* _What this task involves_
Every line containing the string "false" is to be copied from the records.

* _Available records_
-- ===== src/Bmc/Client.antt =====
-- `ApplyCommand`, backend/pkg/ipmi/ipmi.go, of a command that is not nil: the calls of ipmitool that it
-- becomes.
use metalwatch.Base.{
  ℕ, ◌+◌, ◌/◌, ◌%◌, String, Bool, true, false, ◌&&◌, ◌||◌, suc, ◌==◌, Option, none, some, List, [],
  ◌∷◌, str_eq, ltb, ◌<>◌, if◌then◌else◌,
}
use Prim.Native.Char.{Char, code}
use Prim.Native.String.{[], ◌∷◌}
use metalwatch.Base.Int.{ℤ, pos, negsuc, ltb_ℤ}
use metalwatch.Auth.{trim_space}
use metalwatch.Rules.{decimal}
use metalwatch.Bmc.{ProtoCommand}

-- What a call of ipmitool leaves: its output, and the text of its error where it fails.
pub record Ran : Type 0 where
  pub output : String
  pub failed : Option String

-- The outcome of a call by its arguments: ipmitool and the BMC behind it.
abbrev pub Executor : Type 0
Executor = List String → Ran

pub record BmcResult : Type 0 where
  pub ok : Bool
  pub message : String
  pub observed_value : ℤ

-- `calls` are the arguments of the calls of ipmitool, in order.
pub record Applied : Type 0 where
  pub calls : List (List String)
  pub result : BmcResult
  pub failed : Bool

unfoldable pub clamp_percent : ℤ → ℤ
clamp_percent p = if ltb_ℤ p (pos 0) then pos 0 else if ltb_ℤ (pos 100) p then pos 100 else p

abbrev hex_digit : ℕ → String
hex_digit d =
    if ltb d 10
    then decimal (pos d)
    else if d == 10
    then "a"
    else if d == 11
    then "b"
    else if d == 12
    then "c"
    else if d == 13
    then "d"
    else if d == 14
    then "e"
    else "f"

abbrev is_letter : ℕ → Char → Bool
is_letter upper c = code c == upper || code c == upper + 32

abbrev starts_with_n : String → Bool
starts_with_n [] = false
starts_with_n (c ∷ s) = is_letter 78 c

-- `strings.Contains(strings.ToLower(s), "on")`
unfoldable pub says_on : String → Bool
says_on [] = false
says_on (c ∷ s) = is_letter 79 c && starts_with_n s || says_on s

-- `fmt.Sprintf("0x%02x", pct)` of a clamped percentage, which has two digits at most.
unfoldable pub hex_byte : ℤ → String
unfolding decimal
hex_byte (pos n) = "0x" <> hex_digit (n / 16) <> hex_digit (n % 16)
hex_byte (negsuc n) = "0x-" <> hex_digit (suc n)

abbrev pub auto_call : List String
auto_call = "raw" ∷ "0x30" ∷ "0x30" ∷ "0x01" ∷ "0x00" ∷ []

abbrev pub manual_call : List String
manual_call = "raw" ∷ "0x30" ∷ "0x30" ∷ "0x01" ∷ "0x01" ∷ []

abbrev pub speed_call : ℤ → List String
speed_call p = "raw" ∷ "0x30" ∷ "0x30" ∷ "0x02" ∷ "0xff" ∷ hex_byte p ∷ []

abbrev pub power_call : String → List String
power_call act = "chassis" ∷ "power" ∷ act ∷ []

abbrev pub identify_call : ℤ → List String
identify_call d = "chassis" ∷ "identify" ∷ decimal d ∷ []

-- The end of `ApplyCommand`, after its last call.
abbrev pub ended_with : Option String → List (List String) → String → ℤ → Applied
ended_with none calls output observed = record {
  calls = calls;
  result = record { ok = true; message = trim_space output; observed_value = observed };
  failed = false;
}
ended_with (some e) calls output observed = record {
  calls = calls;
  result = record { ok = false; message = e; observed_value = observed };
  failed = true;
}

abbrev pub manual_refused : String → Applied
manual_refused e = record {
  calls = manual_call ∷ [];
  result = record { ok = false; message = e; observed_value = pos 0 };
  failed = true;
}

abbrev pub unknown_command : String → Applied
unknown_command t = record {
  calls = [];
  result = record { ok = false; message = "未知指令类型: " <> t; observed_value = pos 0 };
  failed = true;
}

-- A power command without an action asks for the status.
abbrev pub action_or_status : String → String
action_or_status act = if str_eq act "" then "status" else act

module _ (exec : Executor) where
  abbrev pub set_speed : ℤ → Option String → Applied
  set_speed p (some e) = manual_refused e
  set_speed p none =
      let ran = exec (speed_call p) in
      ended_with ran.failed (manual_call ∷ speed_call p ∷ []) ran.output p

  abbrev pub fan_part : Bool → ℤ → Applied
  fan_part true p = let ran = exec auto_call in ended_with ran.failed (auto_call ∷ []) ran.output p
  fan_part false p = set_speed p (exec manual_call).failed

  abbrev pub power_part : String → Applied
  power_part act =
      let ran = exec (power_call act) in
      let observed = if str_eq act "status" && says_on ran.output then pos 1 else pos 0 in
      ended_with ran.failed (power_call act ∷ []) ran.output observed

  abbrev pub identify_part : ℤ → Applied
  identify_part d =
      let ran = exec (identify_call d) in
      ended_with ran.failed (identify_call d ∷ []) ran.output (pos 0)

  -- The switch on the type of the command.
  unfoldable pub apply_as : String → ProtoCommand → Applied
  unfolding clamp_percent says_on
  apply_as t c =
      if str_eq t "fan_speed"
      then fan_part c.auto_mode (clamp_percent c.speed_percent)
      else if str_eq t "power"
      then power_part (action_or_status c.power_action)
      else if str_eq t "identify"
      then identify_part c.duration_sec
      else unknown_command t

  unfoldable pub apply_command : ProtoCommand → Applied
  unfolding apply_as
  apply_command c = apply_as c.cmd_type c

* _Task response_
  ℕ, ◌+◌, ◌/◌, ◌%◌, String, Bool, true, false, ◌&&◌, ◌||◌, suc, ◌==◌, Option, none, some, List, [],
starts_with_n [] = false
says_on [] = false
  failed = false;
  result = record { ok = false; message = e; observed_value = observed };
  result = record { ok = false; message = e; observed_value = pos 0 };
  result = record { ok = false; message = "未知指令类型: " <> t; observed_value = pos 0 };
  fan_part false p = set_speed p (exec manual_call).failed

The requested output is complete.